> Task description
Work through the entries that follow and state how many lines contain the word "else". Only the number is wanted.

> Records to use
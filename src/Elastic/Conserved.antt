-- ===== src/Elastic/Conserved.antt =====
-- indexer.go: no document that is handed over disappears.
use update_service.Base.{
  ℕ, ◌+◌, ◌≡◌, refl, inl, inr, Bool-cases, Bool, true, false, ◌&&◌, List, [], ◌∷◌, ◌++◌, ltb, ◌==◌,
  arith, length, count_where, if◌then◌else◌,
}
use update_service.Elastic.{
  CompletedDocument, Indexer, channel_cap, dlq_from_doc, index_doc, receive, received, settled,
  finished, finish, close, quit, Step, index_step, receive_step, close_step, quit_step, finish_step,
  step, run, handed,
}

count-append :
    {A : Type 0} (p : A → Bool) (xs ys : List A)
    → count_where p (xs ++ ys) ≡ count_where p xs + count_where p ys
count-append p [] ys = omega arith
count-append p (x ∷ xs) ys = ground (arith, count-append p xs ys)

-- The documents of one kind that are somewhere.
unfoldable pub present : (CompletedDocument → Bool) → Indexer → ℕ
present p i =
    count_where p i.channel
    + count_where p i.taken
    + count_where p i.indexed
    + count_where p i.dead_letters
    + count_where p i.lost

abbrev pub one : (CompletedDocument → Bool) → CompletedDocument → ℕ
one p doc = if p doc then 1 else 0

module _ (p : CompletedDocument → Bool) where
  dlq-present :
      (is_writable : Bool) (doc : CompletedDocument) (i : Indexer)
      → present p (dlq_from_doc is_writable doc i) ≡ one p doc + present p i
  unfolding present dlq_from_doc
  dlq-present true doc i = ground arith
  dlq-present false doc i = ground arith

  index-present :
      (is_writable : Bool) (doc : CompletedDocument) (i : Indexer)
      → present p (index_doc is_writable doc i) ≡ one p doc + present p i
  unfolding present index_doc
  index-present is_writable doc i = elim (Bool-cases (ltb (length i.channel) channel_cap)) [
    | inl room ↦ rw room (ground (arith, count-append p i.channel (doc ∷ [])))
    | inr full ↦ rw full (dlq-present is_writable doc i)
  ]

  receive-present : (i : Indexer) → present p (receive i) ≡ present p i
  unfolding present receive
  receive-present i = elim (Bool-cases (ltb (length i.taken) i.running)) [
    | inl free ↦ rw free (go i.channel refl)
    | inr busy ↦ rw busy refl
  ]
    where
      go :
          (docs : List CompletedDocument)
          → i.channel ≡ docs
          → present p (received docs i) ≡ present p i
      go [] e = refl
      go (doc ∷ rest) e = rw e (ground arith)

  settled-present :
      (accepted is_writable : Bool) (kept docs : List CompletedDocument) (i : Indexer)
      → i.taken ≡ kept ++ docs
      → present p (settled accepted is_writable kept docs i) ≡ present p i
  unfolding present dlq_from_doc
  settled-present accepted is_writable kept [] i e = refl
  settled-present true is_writable kept (doc ∷ rest) i e =
      rw e (ground (arith, count-append p kept rest, count-append p kept (doc ∷ rest)))
  settled-present false true kept (doc ∷ rest) i e =
      rw e (ground (arith, count-append p kept rest, count-append p kept (doc ∷ rest)))
  settled-present false false kept (doc ∷ rest) i e =
      rw e (ground (arith, count-append p kept rest, count-append p kept (doc ∷ rest)))

  finished-present :
      (first accepted is_writable : Bool) (docs : List CompletedDocument) (i : Indexer)
      → i.taken ≡ docs
      → present p (finished first accepted is_writable docs i) ≡ present p i
  finished-present true accepted is_writable docs i e =
      settled-present accepted is_writable [] docs i e
  finished-present false accepted is_writable [] i e = refl
  finished-present false accepted is_writable (doc ∷ rest) i e =
      settled-present accepted is_writable (doc ∷ []) rest i e

  finish-present :
      (first accepted is_writable : Bool) (i : Indexer)
      → present p (finish first accepted is_writable i) ≡ present p i
  unfolding finish
  finish-present first accepted is_writable i =
      finished-present first accepted is_writable i.taken i refl

  quit-present : (i : Indexer) → present p (quit i) ≡ present p i
  unfolding present quit
  quit-present i =
      elim (Bool-cases (i.closed && ((length i.channel == 0) && ltb (length i.taken) i.running))) [
        | inl y ↦ rw y refl
        | inr n ↦ rw n refl
      ]

  -- What a step hands over.
  abbrev step_count : Step → ℕ
  step_count (index_step is_writable doc) = one p doc
  step_count _ = 0

  step-present : (s : Step) (i : Indexer) → present p (step s i) ≡ step_count s + present p i
  unfolding step close present
  step-present (index_step is_writable doc) i = index-present is_writable doc i
  step-present receive_step i = omega (arith, receive-present i)
  step-present (finish_step first accepted is_writable) i =
      omega (arith, finish-present first accepted is_writable i)
  step-present close_step i = omega arith
  step-present quit_step i = omega (arith, quit-present i)

  handed-count :
      (s : Step) (ss : List Step)
      → count_where p (handed (s ∷ ss)) ≡ step_count s + count_where p (handed ss)
  unfolding handed
  handed-count (index_step is_writable doc) ss = ground arith
  handed-count receive_step ss = omega arith
  handed-count (finish_step first accepted is_writable) ss = omega arith
  handed-count close_step ss = omega arith
  handed-count quit_step ss = omega arith

  pub run-present :
      (ss : List Step) (i : Indexer)
      → present p (run ss i) ≡ count_where p (handed ss) + present p i
  unfolding run handed
  run-present [] i = omega arith
  run-present (s ∷ ss) i =
      omega (arith, run-present ss (step s i), step-present s i, handed-count s ss)
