-- ===== src/Elastic/Bounded.antt =====
-- indexer.go: what the indexer holds, and where the documents that it is given are.
use update_service.Base.{◌≤◌, length}
use update_service.Elastic.{Indexer, workers, channel_cap}

-- The channel holds as many documents as it may, and a worker one at most.
abbrev pub IsBounded : Indexer → Type 0
IsBounded i =
    (length i.channel ≤ channel_cap) × (length i.taken ≤ i.running) × (i.running ≤ workers)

> Worked solution
2